Stored items
——

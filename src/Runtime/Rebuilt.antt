-- ===== src/Runtime/Rebuilt.antt =====
-- src/runtime/update_cache.go: replaceAll makes the sender reference counts right, and UpdateCache keeps them so.
use mathlib.Core.Path.{subst}
use forward_stub.Config.Business.{TaskConfig}
use forward_stub.Config.Endpoint.{ReceiverConfig, SenderConfig}
use forward_stub.Prelude.{
  Bool-cases, List, Option-cases, Result, String, [], arith, err, false, inl, inr, none, ok, refl,
  true, ◌∙◌, ◌∷◌, ◌≡◌,
}
use forward_stub.Prelude.Eq.{eq_String, ◌==◌}
use forward_stub.Prelude.Int.{pos}
use forward_stub.Prelude.Map.{Map, insert, keys, lookup, lookup-insert}
use forward_stub.Prelude.Names.{Distinct, Distinct-insert, contains}
use forward_stub.Runtime.{Live, Stored, World, after_step, always_ok}
use forward_stub.Runtime.Counted.{IsCounted-same, LiveCounted}
use forward_stub.Runtime.Planned.{apply_business_delta-IsCounted}
use forward_stub.Runtime.Replace.{
  add_all, build_receivers, build_senders, can_apply_business_delta, cleared, rebuild_all,
  replace_all, stop_all, update_cache,
}
use forward_stub.Runtime.Tasks.{after_keep, after_keep_both}
use forward_stub.Runtime.Update.{
  RunConfig, compile_all, each_name, gc_stages, on_store, put_receiver, rebuild_selectors,
  start_receiver,
}
use forward_stub.Store.{RuntimeError, SenderState, add_task}
use forward_stub.Store.Cache.{Compilation}
use forward_stub.Store.Others.{add_task-other}
use forward_stub.Store.Tasks.{IsCounted, add_task-IsCounted}

put_sender-IsCounted :
    (name : String) (ss : SenderState SenderConfig) (st : Stored)
    → ss.refs ≡ pos 0
    → st.tasks ≡ []
    → IsCounted st
    → IsCounted (record st { senders = insert name ss st.senders })
put_sender-IsCounted name ss st zero_refs none_run v = record {
  tasks_distinct = v.tasks_distinct;
  senders_distinct = Distinct-insert name ss st.senders v.senders_distinct;
  counted = λ n. rw (lookup-insert name n ss st.senders) (elim (Bool-cases (name == n)) [
    | inl same ↦ rw same (rw none_run zero_refs)
    | inr other ↦ rw other (v.counted n)
  ]);
}

module _ (w : World) where
  build_senders-IsCounted :
      (next : Map String SenderConfig) (st : Stored)
      → (st.tasks ≡ []) × IsCounted st
      → ((build_senders w next st).1.tasks ≡ []) × IsCounted (build_senders w next st).1
  unfolding build_senders
  build_senders-IsCounted [] st v = v
  build_senders-IsCounted ((name, sc) ∷ next) st v = elim (Option-cases (w.build_sender name sc)) [
    | inl failed ↦ rw (failed, build_senders) v
    | inr (s, made) ↦
        rw (made, build_senders)
          (let ss : SenderState SenderConfig = record {
            name = name;
            cfg = sc;
            s = s;
            refs = pos 0;
          } in
            build_senders-IsCounted next (record st { senders = insert name ss st.senders })
              (v.0, put_sender-IsCounted name ss st refl v.0 v.1))
  ]

  add_all-IsCounted :
      (tasks : Map String TaskConfig) (st : Stored)
      → Distinct (keys tasks)
      → ((n : String) → contains (keys tasks) n ≡ true → lookup n st.tasks ≡ none)
      → IsCounted st
      → IsCounted (add_all w tasks st).1
  unfolding add_all
  add_all-IsCounted [] st d new v = v
  add_all-IsCounted ((name, tc) ∷ tasks) st d new v =
      let first = add_task (w.starts name) name tc in
      after_keep_both first (add_all w tasks) st
        (add_task-IsCounted (w.starts name) name tc st
          (new name (ground (arith, eq_String.beq_iff name name))) v)
        (add_all-IsCounted tasks (first st).1 d.1 still)
    where
      still :
          (n : String)
          → contains (keys tasks) n ≡ true
          → lookup n (add_task (w.starts name) name tc st).1.tasks ≡ none
      still n c = elim (Bool-cases (name == n)) [
        | inl same ↦ cc (
          subst (λ (x : String). contains (keys tasks) x ≡ false)
              ((eq_String.beq_iff name n).0 same) d.0,
          c,
        )
        | inr other ↦ add_task-other (w.starts name) name n tc st other ∙ new n (ground (arith, c))
      ]

  pub build_receivers-store :
      (next : Map String ReceiverConfig) (l : Live) → (build_receivers w next l).1.store ≡ l.store
  unfolding build_receivers
  build_receivers-store [] l = refl
  build_receivers-store ((name, rc) ∷ next) l = elim (Bool-cases (w.build_receiver name rc)) [
    | inl made ↦ rw (made, build_receivers) (build_receivers-store next (put_receiver name rc l))
    | inr failed ↦ rw (failed, build_receivers) refl
  ]

  pub started-store :
      (names : List String) (l : Live) → (each_name start_receiver names l).store ≡ l.store
  started-store [] l = refl
  started-store (name ∷ names) l = started-store names (start_receiver name l)

  rebuild_all-IsCounted :
      (cfg : RunConfig) (compiled : Compilation) (l : Live)
      → Distinct (keys cfg.tasks)
      → LiveCounted (rebuild_all w cfg compiled l).1
  unfolding rebuild_all rebuild_selectors cleared gc_stages
  rebuild_all-IsCounted cfg compiled l d =
      let l0 = cleared cfg compiled l in
      let r1 = on_store (build_senders w cfg.senders) l0 in
      let r2 = after_step r1 (on_store (add_all w cfg.tasks)) in
      let r3 = after_step r2 rebuild_selectors in
      let r4 = after_step r3 (build_receivers w cfg.receivers) in
      let r5 = after_step r4 rebuild_selectors in
      let start = always_ok (each_name start_receiver (keys cfg.receivers)) in
      let empty : IsCounted l0.store = record {
        tasks_distinct = tt;
        senders_distinct = tt;
        counted = λ n. refl;
      } in
      let built = build_senders-IsCounted cfg.senders l0.store (refl, empty) in
      let v2 = tasks_added r1 built.0 built.1 in
      let v3 = after_keep LiveCounted r2 rebuild_selectors v2 (λ a v. v) in
      let v4 =
        after_keep LiveCounted r3 (build_receivers w cfg.receivers) v3
          (λ a v. rw (build_receivers-store cfg.receivers a) v) in
      let v5 = after_keep LiveCounted r4 rebuild_selectors v4 (λ a v. v) in
      after_keep LiveCounted r5 start v5 (λ a v. rw (started-store (keys cfg.receivers) a) v)
    where
      tasks_added :
          (r : Result RuntimeError (Unit {0}) × Live)
          → r.1.store.tasks ≡ []
          → LiveCounted r.1
          → LiveCounted (after_step r (on_store (add_all w cfg.tasks))).1
      tasks_added (ok u, a) none_run v =
          add_all-IsCounted cfg.tasks a.store d (λ n c. rw none_run refl) v
      tasks_added (err e, a) none_run v = v

  replace_all-IsCounted :
      (cfg : RunConfig) (l : Live)
      → LiveCounted l
      → Distinct (keys cfg.tasks)
      → LiveCounted (replace_all w cfg l).1
  unfolding replace_all stop_all compile_all
  replace_all-IsCounted cfg l v d = go (compile_all w cfg.pipelines (stop_all l).store).0
    where
      go :
          (r : Result RuntimeError Compilation)
          → LiveCounted
              (elim r as (λ x. Result RuntimeError (Unit {0}) × Live) [
                | err e ↦ (
                  err e,
                  record (stop_all l) {
                    store = (compile_all w cfg.pipelines (stop_all l).store).1;
                  },
                )
                | ok c ↦ rebuild_all w cfg c (record (stop_all l) {
                  store = (compile_all w cfg.pipelines (stop_all l).store).1;
                })
              ]).1
      go (err e) =
          IsCounted-same l.store (compile_all w cfg.pipelines (stop_all l).store).1 refl refl v
      go (ok c) =
          rebuild_all-IsCounted cfg c
            (record (stop_all l) { store = (compile_all w cfg.pipelines (stop_all l).store).1 }) d

  -- `UpdateCache` keeps the sender reference counts right, on the way through `replaceAll` and on the one through `applyBusinessDelta`, and at whatever step an error ends it. The tasks of the new configuration have distinct names.
  pub update_cache-IsCounted :
      (cfg : RunConfig) (l : Live)
      → LiveCounted l
      → Distinct (keys cfg.tasks)
      → LiveCounted (update_cache w cfg l).1
  unfolding update_cache
  update_cache-IsCounted cfg l v d = elim (Bool-cases (can_apply_business_delta w l)) [
    | inl warm ↦ rw (warm, update_cache) (apply_business_delta-IsCounted w cfg l v d)
    | inr cold ↦ rw (cold, update_cache) (replace_all-IsCounted cfg l v d)
  ]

——

## Goal of the exercise
Your answer should consist solely of the lines above from the line with "rebuild_all-IsCounted cfg compiled" to the line with "let r2 = after_step", both included, reproduced exactly.

## Answer box
  rebuild_all-IsCounted cfg compiled l d =
      let l0 = cleared cfg compiled l in
      let r1 = on_store (build_senders w cfg.senders) l0 in
      let r2 = after_step r1 (on_store (add_all w cfg.tasks)) in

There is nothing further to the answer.